*Work to be completed*: Each line below that contains "Tenants" counts once; report the total and nothing more.

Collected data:

· · · ·

-- ===== src/Tests/Api.antt =====
-- The theorems of the HTTP API at concrete inputs.
use lecrev.Prelude.{
  ℕ, zero, suc, ◌≤◌, String, Bool, true, false, ◌≡◌, ◌⊎◌, inl, inr, refl, ap, none, some, List, [],
  ◌∷◌, arith, All, In, length, ◌==◌, str_eq,
}
use lecrev.Maps.{get, put}
use lecrev.Errors.{pure, Result, ok}
use lecrev.Domain.{
  FunctionVersion, ApiKey, BuildJob, FunctionState, Project, SourceType, HttpTrigger,
  HttpTriggerAuthMode, ExecutionJob, JobState, job_finished,
}
use lecrev.Sorting.{IsSorted}
use lecrev.Store.Backend.{memory, memory_job_lists}
use lecrev.Scheduler.Admission.Quota.{with_memory}
use lecrev.Api.Auth.{
  AuthContext, authenticate_api_key, ensure_authorized_project, authorized_build_job,
}
use lecrev.Api.Auth.Tenants.{
  MayTouch, authenticate-stored, ensure-own, authorized_build_job-MayTouch,
}
use lecrev.Api.Text.{normalize_project_id}
use lecrev.Api.Text.Slug.{Clean, EndsPlain, normalize_project_id-Clean}
use lecrev.Api.Triggers.{invoke_function, create_http_trigger, failure}
use lecrev.Api.Triggers.Access.{invoke-foreign, create_http_trigger-MayTouch}
use lecrev.Api.Deployments.{DeploymentSummary, list_deployments, keeps, newer}
use lecrev.Api.Deployments.Listing.{listing-IsSorted}
use lecrev.Api.Results.{wait_for_execution_job}
use lecrev.Api.Results.Served.{wait-finished}
use lecrev.Artifact.Objects.{ObjectStore}
use lecrev.Api.Reads.{get_deployment_logs}
use lecrev.Api.Reads.Tenants.{deployment_logs-MayTouch}
use lecrev.Tests.Data.{World0, world, busy, version, job, env, svc}

-- A key of the tenant `acme`, under the hash that is the key itself.
abbrev key : ApiKey
key = record {
  tenant_id = "acme";
  description = "ci";
  key_hash = "secret";
  is_admin = false;
  disabled = false;
  created_at = 100;
  last_used_at = 100;
}

abbrev build_job : BuildJob
build_job = record {
  id = "b";
  function_version_id = "fv";
  target_region = "ap-south-1";
  metadata = [];
  state = "queued";
  error = "";
  logs_key = "";
  request = [];
  created_at = 100;
  updated_at = 100;
}

abbrev served : World0
served = record world {
  store = record busy { api_keys = ("secret", key) ∷ []; build_jobs = ("b", build_job) ∷ [] };
}

abbrev touched : World0
touched = record served {
  store = record served.store { api_keys = ("secret", record key { last_used_at = 700 }) ∷ [] };
}

abbrev acme : AuthContext
acme = record { tenant_id = "acme"; is_admin = false }

abbrev rival : AuthContext
rival = record { tenant_id = "rival"; is_admin = false }

authenticated : authenticate_api_key memory (λ s. s) " secret" 700 served ≡ (ok acme, touched)
unfolding authenticate_api_key memory lecrev.Prelude.Text.trim_space get put
    lecrev.Store.Projects.get_api_key_by_hash lecrev.Store.Projects.touch_api_key_last_used
authenticated = refl

authenticate-stored_example :
    (found : ApiKey) × (get served.store.api_keys (lecrev.Prelude.Text.trim_space " secret")
      ≡ some found)
    × (found.disabled ≡ false)
    × (acme ≡ record { tenant_id = found.tenant_id; is_admin = found.is_admin })
    × (touched ≡ record served {
      store = record served.store {
        api_keys =
            put served.store.api_keys
              (lecrev.Prelude.Text.trim_space " secret")
              (record found { last_used_at = 700 });
      };
    })
authenticate-stored_example =
    authenticate-stored (λ s. s) " secret" 700 served {ctx = acme} {w' = touched} authenticated

abbrev demo : Project
demo = record { id = "demo"; tenant_id = "acme"; name = "Demo"; created_at = 100 }

ensured : ensure_authorized_project memory acme "demo" "Demo" 700 served ≡ (ok demo, served)
unfolding ensure_authorized_project memory get lecrev.Store.Projects.get_project
ensured = refl

ensure-own_example :
    ((false ≡ true) ⊎ (demo.tenant_id ≡ "acme"))
    × ((get served.store.projects "demo" ≡ none)
        ⊎ ((get served.store.projects "demo" ≡ some demo) × (served ≡ served)))
ensure-own_example = ensure-own acme "demo" "Demo" 700 served {p = demo} {w' = served} ensured

authorized : authorized_build_job memory acme "b" served ≡ (ok (build_job, version), served)
unfolding authorized_build_job lecrev.Api.Auth.authorize_project lecrev.Api.Auth.authorized_project
    memory get lecrev.Store.Projects.get_project lecrev.Store.Artifacts.get_build_job
    lecrev.Store.Artifacts.get_function_version
authorized = refl

authorized_build_job-MayTouch_example :
    (served ≡ served)
    × (get served.store.build_jobs "b" ≡ some build_job)
    × (get served.store.functions "fv" ≡ some version)
    × MayTouch acme served.store "demo"
authorized_build_job-MayTouch_example =
    authorized_build_job-MayTouch acme "b" served {r = (build_job, version)} {w' = served}
      authorized

-- A deployment whose build has logs, and that was not invoked yet.
abbrev built : FunctionVersion
built = record version { build_job_id = "b" }

abbrev deployed : World0
deployed = record served {
  store = record served.store {
    functions = ("fv", built) ∷ [];
    build_jobs = ("b", record build_job { logs_key = "l" }) ∷ [];
    execution_jobs = [];
  };
}

abbrev logs : ObjectStore World0
logs = record { put_object = λ key bytes. pure tt; get_object = λ key. pure (5 ∷ []) }

shown :
    get_deployment_logs memory memory_job_lists logs acme (λ bytes. none) "fv" deployed
    ≡ (ok (5 ∷ []), deployed)
unfolding get_deployment_logs memory_job_lists lecrev.Api.Reads.load_authorized_deployment
    lecrev.Api.Auth.authorized_project lecrev.Api.Deployments.first_job memory get
    lecrev.Store.Projects.get_project lecrev.Store.Artifacts.get_build_job
    lecrev.Store.Artifacts.get_function_version lecrev.Store.Jobs.list_execution_jobs_by_project
    lecrev.Sorting.sort_stable lecrev.Maps.values lecrev.Prelude.Text.trim_space
shown = refl

deployment_logs-MayTouch_example :
    (v : FunctionVersion) × (get deployed.store.functions "fv" ≡ some v)
    × MayTouch acme deployed.store v.project_id
deployment_logs-MayTouch_example =
    deployment_logs-MayTouch logs acme (λ bytes. none) "fv" deployed {bytes = 5 ∷ []}
      {w' = deployed} shown

stored_version : get served.store.functions "fv" ≡ some version
unfolding get
stored_version = refl

stored_project : get served.store.projects "demo" ≡ some demo
unfolding get
stored_project = refl

invoke-foreign_example :
    invoke_function (with_memory svc) rival "fv" (ok ([], "")) "" env served
    ≡ (failure 403 "access denied", served)
invoke-foreign_example =
    invoke-foreign svc rival "fv" (ok ([], "")) "" env served version demo refl stored_version refl
      stored_project refl refl

abbrev trigger : HttpTrigger
trigger = record {
  token = "t1";
  project_id = "demo";
  function_version_id = "fv";
  description = "hook";
  auth_mode = HttpTriggerAuthMode.api_key;
  enabled = true;
  created_at = 700;
}

abbrev triggered : World0
triggered = record served { store = record served.store { http_triggers = ("t1", trigger) ∷ [] } }

made :
    create_http_trigger (with_memory svc) acme "fv" "" "hook" "api_key" (ok "t1") 700 served
    ≡ (ok trigger, triggered)
unfolding create_http_trigger lecrev.Api.Auth.authorized_version lecrev.Api.Auth.authorize_project
    lecrev.Api.Auth.authorized_project memory get put lecrev.Store.Projects.get_project
    lecrev.Store.Artifacts.get_function_version lecrev.Store.Triggers.put_http_trigger
    lecrev.Prelude.Text.trim_space lecrev.Api.Text.normalize_http_trigger_auth_mode
made = refl

create_http_trigger-MayTouch_example :
    ((v : FunctionVersion) × (get served.store.functions "fv" ≡ some v)
      × ("fv" ≡ v.id)
      × ("demo" ≡ v.project_id)
      × MayTouch acme served.store v.project_id)
    × (get triggered.store.http_triggers "t1" ≡ some trigger)
    × (get served.store.http_triggers "t1" ≡ none)
create_http_trigger-MayTouch_example =
    create_http_trigger-MayTouch svc acme "fv" "" "hook" "api_key" (ok "t1") 700 served
      {t = trigger} {w' = triggered} made

abbrev deployment : String → ℕ → DeploymentSummary
deployment id created_at = record {
  id = id;
  project_id = "demo";
  project_name = "Demo";
  function_version_id = id;
  name = "echo";
  runtime = "node22";
  source_type = SourceType.bundle;
  environment = "production";
  branch = "";
  commit_sha = "";
  git_url = "";
  status = "ready";
  function_state = FunctionState.ready;
  regions = [];
  build = none;
  last_job = none;
  created_at = created_at;
  updated_at = created_at;
}

abbrev deployments : List DeploymentSummary
deployments = deployment "a" 100 ∷ deployment "b" 300 ∷ deployment "c" 300 ∷ []

listing-IsSorted_example :
    let listed = list_deployments (λ s. s) deployments "ready" "" 2 in
    (length listed ≤ 2)
    × IsSorted newer listed
    × All (λ d. In d deployments × (keeps (λ s. s) "ready" "" d ≡ true)) listed
listing-IsSorted_example = listing-IsSorted (λ s. s) deployments "ready" "" 2

normalize_project_id-Clean_example :
    Clean true (normalize_project_id "" "  My Shop -- 2!")
    × EndsPlain (normalize_project_id "" "  My Shop -- 2!")
normalize_project_id-Clean_example = normalize_project_id-Clean "" "  My Shop -- 2!"

-- A job that is running at the first two polls and has succeeded at the third.
abbrev seen : ℕ → Result ExecutionJob
seen zero = ok (job "j" JobState.running 200)
seen (suc zero) = ok (job "j" JobState.running 250)
seen (suc (suc k)) = ok (job "j" JobState.succeeded 300)

readable : (i : ℕ) → (earlier : ExecutionJob) × (seen i ≡ ok earlier)
readable zero = (job "j" JobState.running 200, refl)
readable (suc zero) = (job "j" JobState.running 250, refl)
readable (suc (suc k)) = (job "j" JobState.succeeded 300, refl)

wait-finished_example :
    (found : ExecutionJob) × (wait_for_execution_job 5 seen ≡ (none, some found))
    × (job_finished found.state ≡ true)
wait-finished_example =
    wait-finished 5 2 seen (job "j" JobState.succeeded 300) (omega arith) refl refl
      (λ i h. readable i)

· · · ·

*Task result*: 2